*** Opening Supplied data ***

-- ===== src/Services/Generation/Laws.antt =====
-- What `GenerationClient::generate` and `checkHealth` promise the task engine.
use text2image.Base.{
  ◌≡◌, refl, ℤ, true, false, not, Option, none, some, [], ◌∷◌, ◌++◌, Text, bytes, is_empty, Result,
  ok, err, Action, arith, Bool, sym,
}
use text2image.Models.TaskStatus.{is_success, is_terminal}
use text2image.Models.ImageGeneration.{ImageGeneration}
use text2image.Database.Table.{is_finished}
use text2image.Errors.Http.{HttpError}
use text2image.Services.Effects.{Exception, std_error, other_error}
use text2image.Services.CacheKeys.{decimal}
use text2image.Services.Yields.{
  IsOutcome, Yields, Any, Any-Yields, pure-Yields, bind-Yields, then-Yields, if-Yields,
  rescue-Yields, throw-Yields, Never, returns,
}
use text2image.Services.Generation.{
  ModelPorts, RemoteJson, done, mark_exception, merge_payload, merge_remote_result, with_answer,
  with_image_status,
}
use text2image.Services.Generation.Client.{
  download_image_bytes, attempt, call_model, with_download, settled, with_completion,
  missing_binary, store_failed, store_image_bytes, persist_generated_image, generate,
}

-- The result is of the same task.
abbrev pub IsSameTask : ImageGeneration → ImageGeneration → Type 0
IsSameTask g r = (r.id ≡ g.id) × (r.user_id ≡ g.user_id) × (r.worker_id ≡ g.worker_id)

-- What is known of the key under which the storage keeps an image: of a user, a request id, the image
-- and the key.
abbrev pub KeyLaw : Type 1
KeyLaw = ℤ → Text → Text → Text → Type 0

abbrev pub any_key : KeyLaw
any_key user_id request_id image key = Unit {0}

-- The result of a call of the model, as a worker hands it to the repository: it is of the same task
-- and finished, and a success has the key that the storage gave for an image that is not empty.
pub record IsResultOf (IsKey : KeyLaw) (g r : ImageGeneration) : Type 0 where
  pub same_task : IsSameTask g r
  pub finished : is_finished r.status ≡ true
  pub stored_key :
      is_success r.status ≡ true
      → (image : Text) × (is_empty image ≡ false) × IsKey g.user_id r.request_id image r.storage_key
  pub stored_bytes : is_success r.status ≡ true → r.image_bytes ≡ []
  pub stored_url :
      is_success r.status ≡ true
      → r.image_url ≡ bytes "/api/images/" ++ (decimal g.id ++ bytes "/binary")

mark_exception-IsSameTask :
    (e : Exception) (g : ImageGeneration) → IsSameTask g (mark_exception e g)
unfolding mark_exception
mark_exception-IsSameTask (std_error what) g = (refl, refl, refl)
mark_exception-IsSameTask other_error g = (refl, refl, refl)

module _ {W : Type 0} (p : ModelPorts W) where
  with_body-IsSameTask :
      (j : Option RemoteJson) (body : Text) (g : ImageGeneration)
      → p.parse_remote body ≡ j
      → IsSameTask g (with_answer p (ok body) g)
  unfolding with_answer merge_remote_result merge_payload
  with_body-IsSameTask none [] g e = (refl, refl, refl)
  with_body-IsSameTask none (c ∷ body) g e = rw e (refl, refl, refl)
  with_body-IsSameTask (some j) [] g e = (refl, refl, refl)
  with_body-IsSameTask (some j) (c ∷ body) g e = rw e (refl, refl, refl)

  with_answer-IsSameTask :
      (answer : Result HttpError Text) (g : ImageGeneration) → IsSameTask g (with_answer p answer g)
  with_answer-IsSameTask (ok body) g = with_body-IsSameTask (p.parse_remote body) body g refl
  with_answer-IsSameTask (err e) g = unfold with_answer in (refl, refl, refl)

  call_model-Yields :
      (X : Exception → Type 0) (g : ImageGeneration) → Yields (call_model p g) (IsSameTask g) X
  unfolding call_model attempt
  call_model-Yields X g =
      rescue-Yields X (IsSameTask g) Any _ _
        (then-Yields Any _ (done p.service_url) _ (Any-Yields _) λ service_url.
          then-Yields Any _ (done p.timeout_seconds) _ (Any-Yields _) λ seconds.
            then-Yields Any _ (done (p.dump_payload g)) _ (Any-Yields _) λ payload.
              then-Yields Any _ (p.post_json _ _ _ _) _ (Any-Yields _) λ raw.
                then-Yields Any _ (p.observe_model_service_call _ _) _ (Any-Yields _)
                  λ observed. pure-Yields Any (IsSameTask g) _ (with_answer-IsSameTask _ g))
        (λ e x. pure-Yields X (IsSameTask g) _ (mark_exception-IsSameTask e g))

-- How the calls that `generate` makes outside its try blocks may fail. What the storage throws is
-- caught if it is a `std::exception`; the keys that it returns are as `IsKey` says.
pub record Fails {W : Type 0} (p : ModelPorts W) (IsKey : KeyLaw) (X : Exception → Type 0)
    : Type 0 where
  pub get_fails : (url : Text) (seconds : ℤ) → Yields (p.http_get url seconds) Any X
  pub observe_fails : (path status : Text) → Yields (p.observe_model_service_call path status) Any X
  pub clock_fails : Yields p.clock_now Any X
  pub store_fails :
      (user : ℤ) (request_id image : Text)
      → Yields
          (p.store_image user request_id image)
          (IsKey user request_id image)
          (λ e. e ≡ other_error → X e)

Any-IsOutcome_std :
    {S A : Type 0} (o : Result Exception A × S) → IsOutcome Any (λ e. e ≡ other_error → Any e) o
Any-IsOutcome_std (ok a, s) = tt
Any-IsOutcome_std (err e, s) = λ same. tt

Any-Yields_std :
    {S A : Type 0} (m : Action S Exception A) → Yields m Any (λ e. e ≡ other_error → Any e)
Any-Yields_std m = record { yields = λ s. Any-IsOutcome_std (m s) }

-- Anything may be thrown.
pub may_fail : {W : Type 0} (p : ModelPorts W) → Fails p any_key Any
may_fail p = record {
  get_fails = λ url seconds. Any-Yields _;
  observe_fails = λ path status. Any-Yields _;
  clock_fails = Any-Yields _;
  store_fails = λ user request_id image. Any-Yields_std (p.store_image user request_id image);
}

-- A task that is settled: it is the same, and finished.
abbrev IsSettled : ImageGeneration → ImageGeneration → Type 0
IsSettled g r = IsSameTask g r × (is_finished r.status ≡ true)

settled-IsSettled :
    (g h : ImageGeneration) → IsSameTask g h → IsSettled g (settled (with_image_status h))
settled-IsSettled g h same = ground arith

differ : {b : Bool} → b ≡ false → b ≡ true → ⊥
differ e s = ground arith

not_success :
    (IsKey : KeyLaw) (g h : ImageGeneration)
    → IsSettled g h
    → is_success h.status ≡ false
    → IsResultOf IsKey g h
not_success IsKey g h settles e = record {
  same_task = settles.0;
  finished = settles.1;
  stored_key = λ s. absurd (differ e s);
  stored_bytes = λ s. ground arith;
  stored_url = λ s. ground arith;
}

module _ {W : Type 0} (p : ModelPorts W) (IsKey : KeyLaw) (X : Exception → Type 0)
    (fails : Fails p IsKey X) where
  with_download-Yields :
      (g h : ImageGeneration) → IsSameTask g h → Yields (with_download p h) (IsSameTask g) X
  unfolding with_download download_image_bytes
  with_download-Yields g h same =
      if-Yields X (IsSameTask g) (is_empty h.image_url) _ _
        (λ e. pure-Yields X (IsSameTask g) _ same)
        λ e.
          then-Yields X _ (download_image_bytes p _ _) _
            (then-Yields X Any (p.http_get _ _) _ (fails.get_fails _ _) λ raw.
              then-Yields X Any (p.observe_model_service_call _ _) _ (fails.observe_fails _ _)
                λ u. pure-Yields X Any _ tt)
            λ image. pure-Yields X (IsSameTask g) _ same

  with_completion-Yields :
      (g h : ImageGeneration) → IsSettled g h → Yields (with_completion p h) (IsSettled g) X
  unfolding with_completion
  with_completion-Yields g h settles =
      if-Yields X (IsSettled g) (is_terminal h.status) _ _
        (λ e.
          then-Yields X _ p.clock_now _ fails.clock_fails
            λ now. pure-Yields X (IsSettled g) _ settles)
        (λ e. pure-Yields X (IsSettled g) _ settles)

  store_failed-Yields :
      (g h : ImageGeneration)
      → IsSettled g h
      → (e : Exception) → (e ≡ other_error → X e)
      → Yields (store_failed p h e) (IsResultOf IsKey g) X
  unfolding store_failed
  store_failed-Yields g h settles (std_error what) x =
      then-Yields X _ p.clock_now _ fails.clock_fails
        λ now. pure-Yields X (IsResultOf IsKey g) _ (not_success IsKey g _ (settles.0, refl) refl)
  store_failed-Yields g h settles other_error x =
      throw-Yields X (IsResultOf IsKey g) other_error (x refl)

  store_image_bytes-Yields :
      (g h : ImageGeneration)
      → IsSettled g h
      → is_empty h.image_bytes ≡ false
      → Yields (store_image_bytes p h) (IsResultOf IsKey g) X
  unfolding store_image_bytes
  store_image_bytes-Yields g h settles full =
      rescue-Yields X (IsResultOf IsKey g) (λ e. e ≡ other_error → X e) _ _
        (bind-Yields _ _ _ (p.store_image _ _ _) _ (fails.store_fails _ _ _) λ key is_key.
          pure-Yields _ (IsResultOf IsKey g) _ (record {
            same_task = settles.0;
            finished = settles.1;
            stored_key = λ s. (h.image_bytes, full, rw (sym settles.0.1) is_key);
            stored_bytes = λ s. refl;
            stored_url = λ s. rw (settles.0.0) refl;
          }))
        (store_failed-Yields g h settles)

  missing_binary-Yields :
      (g h : ImageGeneration) → IsSettled g h → Yields (missing_binary p h) (IsResultOf IsKey g) X
  unfolding missing_binary
  missing_binary-Yields g h settles =
      then-Yields X _ p.clock_now _ fails.clock_fails
        λ now. pure-Yields X (IsResultOf IsKey g) _ (not_success IsKey g _ (settles.0, refl) refl)

  persist_generated_image-Yields :
      (g h : ImageGeneration)
      → IsSettled g h
      → Yields (persist_generated_image p h) (IsResultOf IsKey g) X
  unfolding persist_generated_image
  persist_generated_image-Yields g h settles =
      if-Yields X (IsResultOf IsKey g) (not (is_success h.status)) _ _
        (λ e. pure-Yields X (IsResultOf IsKey g) _ (not_success IsKey g h settles (ground arith)))
        λ e.
          if-Yields X (IsResultOf IsKey g) (is_empty h.image_bytes) _ _
            (λ i. missing_binary-Yields g h settles) (λ i. store_image_bytes-Yields g h settles i)

  pub generate-Yields : (g : ImageGeneration) → Yields (generate p g) (IsResultOf IsKey g) X
  unfolding generate
  generate-Yields g =
      bind-Yields X (IsSameTask g) _ (call_model p g) _ (call_model-Yields p X g) λ answered same.
        bind-Yields X (IsSameTask g) _ (with_download p answered) _
          (with_download-Yields g answered same)
          λ fetched same'.
            bind-Yields X (IsSettled g) _ (with_completion p _) _
              (with_completion-Yields g _ (settled-IsSettled g fetched same'))
              λ completed settles. persist_generated_image-Yields g completed settles

-- Whatever the model service answers and whatever goes wrong in the calls that are guarded by a try
-- block, the call of the model returns a finished result of the same task, owner and worker, and a
-- success has the key that the storage gave for an image that is not empty, of this user and the
-- result's request id, no bytes of its own and the address of the task's binary. The download, its
-- observation and the clock do not throw, and the storage throws nothing but a `std::exception`.
-- `IsKey` is whatever the storage promises of its keys.
pub generate-IsResultOf :
    {W : Type 0} (p : ModelPorts W) (IsKey : KeyLaw)
    → Fails p IsKey Never
    → (g : ImageGeneration) (w : W)
    → (r : ImageGeneration) × (v : W) × (generate p g w ≡ (ok r, v)) × IsResultOf IsKey g r
generate-IsResultOf p IsKey fails g w =
    returns (IsResultOf IsKey g) _ ((generate-Yields p IsKey Never fails g).yields w)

*** Closing Supplied data ***

Over the whole of the material above, count the lines that contain the word "Bool"; give only the number.

2